Abstract

Abstract This chapter investigates the comparative role of courts as agents of social change. In the late twentieth and early twenty-first centuries, courts around the world increasingly made decisions ordering social change. Focusing on courts in democratic political systems, it examines that factors that lead courts to issue ‘progressive’ judicial decisions that protect and further the rights of large groups of historically disadvantaged people such as the poor, ethnic and racial minorities, women, gay men and lesbians, immigrants, political dissidents, etc. It identifies four characteristics of judges and legal systems that influence judges’ ability to act. These include judicial independence, the rules and procedures governing jurisdiction and access to courts, the willingness of judges to act, and the breath of rights, both constitutional and statutory, available to judges.
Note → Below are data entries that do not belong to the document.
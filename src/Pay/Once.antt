-- ===== src/Pay/Once.antt =====
-- No interleaving of sovereign/src/pay.ts calls a payment's sender twice or undoes an outcome.
use cashloom.Prelude.{
  ℕ, zero, suc, ◌≡◌, ◌≢◌, refl, sym, ◌∙◌, ap, subst, true, false, inl, inr, Option, none, some,
  List, [], ◌∷◌, Text, text_eq, text_eq_refl, Result, ok, err, Result-cases, Option-cases, update,
  All, AllPairs, All-implies, All-both,
}
use cashloom.Payments.{Payment, PaymentStatus, status_eq}
use cashloom.Pay.{PayDb, PayError, Engine}
use cashloom.Pay.Claim.{
  ConfirmRuntime, Claimed, ClaimResult, payment_of, still_quoted, set_confirmed, claim,
}
use cashloom.Pay.Settle.{SendOutcome, Recording, settle, on_signed}
use cashloom.Pay.Status.{HasStatus, HasStatus-update, IsSpent, payment_of-update, payment_of-id}
use cashloom.Pay.Claims.{Commits, claim-Commits}
use cashloom.Pay.World.{World, Event, take_out, keep, dispatch, sign_at, end_at, step, run}
use cashloom.Pay.Rite.{
  Statement, Rewrites, Rewrites-other, Rewrites-IsSpent, on_signed-Rewrites, settle-Rewrites,
  persist_quote-Statement, Commits-Statement, IsSound, IsSound-Statement,
}

module _ {ℓ κ} {A : Type ℓ} (P : A → Type κ) where
  pub take_out-All :
      (n : ℕ) (xs : List A) (y : A) (ys : List A)
      → take_out n xs ≡ some (y, ys)
      → All P xs
      → P y × All P ys
  unfolding take_out
  take_out-All n [] y ys e h = cc
  take_out-All zero (x ∷ xs) y ys e (p, h) =
      let here : x ≡ y = cc in let rest : xs ≡ ys = cc in (subst P here p, subst (All P) rest h)
  take_out-All (suc n) (x ∷ xs) y ys e (p, h) = elim (Option-cases (take_out n xs)) [
    | inl gone ↦ cc (rw gone at e)
    | inr ((z, zs), taken) ↦
        let (q, t) = take_out-All n xs z zs taken h in
        let same : z ≡ y = cc (rw taken at e) in
        let rest : ◌≡◌ {A = List A} (x ∷ zs) ys = cc (rw taken at e) in
        (subst P same q, subst (All P) rest (p, t))
  ]

module _ {A : Type 0} (R : A → A → Type 0) (flip : (x y : A) → R x y → R y x) where
  take_out-AllPairs :
      (n : ℕ) (xs : List A) (y : A) (ys : List A)
      → take_out n xs ≡ some (y, ys)
      → AllPairs R xs
      → All (R y) ys × AllPairs R ys
  unfolding take_out
  take_out-AllPairs n [] y ys e h = cc
  take_out-AllPairs zero (x ∷ xs) y ys e (p, h) =
      let here : x ≡ y = cc in
      let rest : xs ≡ ys = cc in
      (subst (λ z. All (R z) ys) here (subst (All (R x)) rest p), subst (AllPairs R) rest h)
  take_out-AllPairs (suc n) (x ∷ xs) y ys e (p, h) = elim (Option-cases (take_out n xs)) [
    | inl gone ↦ cc (rw gone at e)
    | inr ((z, zs), taken) ↦
        let (far, t) = take_out-AllPairs n xs z zs taken h in
        let (near, others) = take_out-All (R x) n xs z zs taken p in
        let same : z ≡ y = cc (rw taken at e) in
        let rest : ◌≡◌ {A = List A} (x ∷ zs) ys = cc (rw taken at e) in
        (
          subst (λ w. All (R w) ys) same (subst (All (R z)) rest (flip x z near, far)),
          subst (AllPairs R) rest (others, t),
        )
  ]

confirmed-not_quoted :
    (p : Payment)
    → p.status ≡ PaymentStatus.confirmed
    → status_eq p.status PaymentStatus.quoted ≡ false
unfolding status_eq
confirmed-not_quoted p e = rw e

still_quoted_self :
    (row : Payment) → row.status ≡ PaymentStatus.quoted → still_quoted row row ≡ true
unfolding still_quoted status_eq
still_quoted_self row e = rw (text_eq_refl row.id, text_eq_refl row.created_at, e)

-- A won claim is of a payment that is neither spent nor in flight, and confirms it.
module _ (w : World) (h : IsSound w) (id : Text) (now : Text) (c : Claimed)
    (found : payment_of id w.db.payments ≡ some c.row)
    (quoted : c.row.status ≡ PaymentStatus.quoted) where
  row-found : payment_of c.row.id w.db.payments ≡ some c.row
  row-found =
      ap (λ t. payment_of t w.db.payments) (payment_of-id id w.db.payments c.row found) ∙ found

  not_spent : (other : Text) → IsSpent other w.db.payments → c.row.id ≢ other
  unfolding status_eq
  not_spent other (p, there, spent) same =
      let e : c.row ≡ p = cc (row-found, there, same) in cc (rw (sym e, quoted) at spent)

  not_in_flight :
      (d : Claimed) → HasStatus d.row.id PaymentStatus.confirmed w.db.payments → c.row.id ≢ d.row.id
  not_in_flight d (p, there, confirmed) same =
      let e : c.row ≡ p = cc (row-found, there, same) in cc (rw (sym e, quoted) at confirmed)

  won-IsSound :
      (db : PayDb)
      → db.payments ≡ update (still_quoted c.row) (set_confirmed now) w.db.payments
      → Statement w.db.payments db.payments
      → IsSound (record { db = db; pending = c ∷ w.pending; sends = c.row.id ∷ w.sends })
  won-IsSound db rows st =
      let base = IsSound-Statement w db st h in
      let hit = still_quoted_self c.row quoted in
      let moved =
        payment_of-update (still_quoted c.row) (set_confirmed now) (λ x _. refl) c.row.id
          w.db.payments c.row row-found in
      let here : HasStatus c.row.id PaymentStatus.confirmed db.payments =
        (set_confirmed now c.row, rw rows (moved ∙ rw hit), refl) in
      let (p, there, e) = here in
      record {
        in_flight = (here, base.in_flight);
        apart = (All-implies _ _ w.pending not_in_flight h.in_flight, h.apart);
        spent = ((p, there, confirmed-not_quoted p e), base.spent);
        once = (All-implies _ _ w.sends not_spent h.spent, h.once);
      }

Rewrites-IsSound :
    (w : World) (c : Claimed) (pending : List Claimed) (db : PayDb)
    → Rewrites c.row.id w.db.payments db.payments
    → All (λ d. HasStatus d.row.id PaymentStatus.confirmed w.db.payments) pending
    → All (λ d. c.row.id ≢ d.row.id) pending
    → AllPairs (λ d e. d.row.id ≢ e.row.id) pending
    → IsSound w
    → IsSound (record { db = db; pending = pending; sends = w.sends })
Rewrites-IsSound w c pending db rs confirmed others apart h = record {
  in_flight =
      All-both _ _ _ pending
        (λ d e ne.
          Rewrites-other c.row.id d.row.id PaymentStatus.confirmed w.db.payments db.payments
            (λ same. ne (sym same)) rs e)
        confirmed others;
  apart = apart;
  spent =
      All-implies _ _ w.sends (λ id. Rewrites-IsSpent c.row.id id w.db.payments db.payments rs)
        h.spent;
  once = h.once;
}

pub on_signed-HasStatus :
    (id external_id now : Text) (db : PayDb) (other : Text) (s : PaymentStatus)
    → HasStatus other s db.payments
    → HasStatus other s (on_signed id external_id now db).payments
unfolding on_signed
on_signed-HasStatus id external_id now db other s =
    HasStatus-update (λ p. text_eq p.id id) _ (λ x _. refl) other s db.payments (λ x _ _ e. e)

sign-IsSound :
    (w : World) (taken : Option (Claimed × List Claimed)) (external_id now : Text)
    → IsSound w
    → IsSound (sign_at w taken external_id now)
sign-IsSound w none external_id now h = h
sign-IsSound w (some (c, rest)) external_id now h = record {
  in_flight =
      All-implies _ _ w.pending
        (λ d. on_signed-HasStatus c.row.id external_id now w.db d.row.id PaymentStatus.confirmed)
        h.in_flight;
  apart = h.apart;
  spent =
      All-implies _ _ w.sends
        (λ id.
          Rewrites-IsSpent c.row.id id w.db.payments _
            (on_signed-Rewrites c.row.id external_id now w.db))
        h.spent;
  once = h.once;
}

apart-flip : (c d : Claimed) → c.row.id ≢ d.row.id → d.row.id ≢ c.row.id
apart-flip c d ne e = ne (sym e)

end-IsSound :
    (w : World) (place : ℕ) (taken : Option (Claimed × List Claimed)) (outcome : SendOutcome)
    (recording : Recording) (new_id now : Text)
    → take_out place w.pending ≡ taken
    → IsSound w
    → IsSound (end_at w taken outcome recording new_id now)
end-IsSound w place none outcome recording new_id now e h = h
end-IsSound w place (some (c, rest)) outcome recording new_id now e h =
    let (_, confirmed) =
      take_out-All (λ (d : Claimed). HasStatus d.row.id PaymentStatus.confirmed w.db.payments) place
        w.pending c rest e h.in_flight in
    let (others, apart) =
      take_out-AllPairs (λ (c d : Claimed). c.row.id ≢ d.row.id) apart-flip place w.pending c rest e
        h.apart in
    Rewrites-IsSound w c rest (settle c outcome recording new_id now w.db).1
      (settle-Rewrites c outcome recording new_id now w.db) confirmed others apart h

module _ (engine : Engine) where
  confirm-IsSound :
      (w : World) (id : Text) (runtime : ConfirmRuntime) (r : ClaimResult × PayDb)
      → IsSound w
      → Commits engine runtime id w.db r
      → IsSound (dispatch w (ok r))
  confirm-IsSound w id runtime _ h (Commits.refused s) = h
  confirm-IsSound w id runtime _ h (Commits.lapsed row at) =
      IsSound-Statement w _ (Commits-Statement engine runtime id w.db _ (Commits.lapsed row at)) h
  confirm-IsSound w id runtime _ h (Commits.won c found quoted bound fresh same asserted) =
      won-IsSound w h id runtime.now c found quoted _ refl (
        Commits-Statement engine runtime id w.db _
          (Commits.won c found quoted bound fresh same asserted))

  keep-IsSound :
      (w : World) (r : Result PayError PayDb)
      → ((db : PayDb) → r ≡ ok db → Statement w.db.payments db.payments)
      → IsSound w
      → IsSound (keep w r)
  keep-IsSound w (ok db) f h = IsSound-Statement w db (f db refl) h
  keep-IsSound w (err e) f h = h

  -- Each step keeps the invariant.
  pub step-IsSound : (e : Event) (w : World) → IsSound w → IsSound (step engine e w)
  unfolding step
  step-IsSound (Event.store opts runtime account sender quote created_at expires_at) w h =
      keep-IsSound w _ (persist_quote-Statement runtime.bind _ w.db) h
  step-IsSound (Event.confirm id runtime) w h = elim (Result-cases (claim engine id runtime w.db)) [
    | inl (r, e) ↦
        rw e (confirm-IsSound w id runtime r h (claim-Commits engine id runtime w.db r e))
    | inr (x, e) ↦ rw e h
  ]
  step-IsSound (Event.sign place external_id now) w h =
      sign-IsSound w (take_out place w.pending) external_id now h
  step-IsSound (Event.end place outcome recording new_id now) w h =
      end-IsSound w place (take_out place w.pending) outcome recording new_id now refl h
  step-IsSound (Event.elsewhere accounts bindings) w h = record {
    in_flight = h.in_flight;
    apart = h.apart;
    spent = h.spent;
    once = h.once;
  }

  pub run-IsSound : (es : List Event) (w : World) → IsSound w → IsSound (run engine es w)
  unfolding run
  run-IsSound [] w h = h
  run-IsSound (e ∷ es) w h = run-IsSound es (step engine e w) (step-IsSound e w h)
It highlights six political and social factors that influence progressive judicial decision-making: history and legitimacy, public opinion, government inaction, allies and support structures, resource constraints and expertise, and the importance of strategic thinking in judicial decision-making. The chapter suggests that judicial decision-making designed to produce progressive social change is highly contextual, varying from country to country. It also suggests that scholars need a reliable baseline of in-depth, focused, country studies, both qualitative and quantitative. A compilation of such studies will provide a strong foundation for comparative analysis.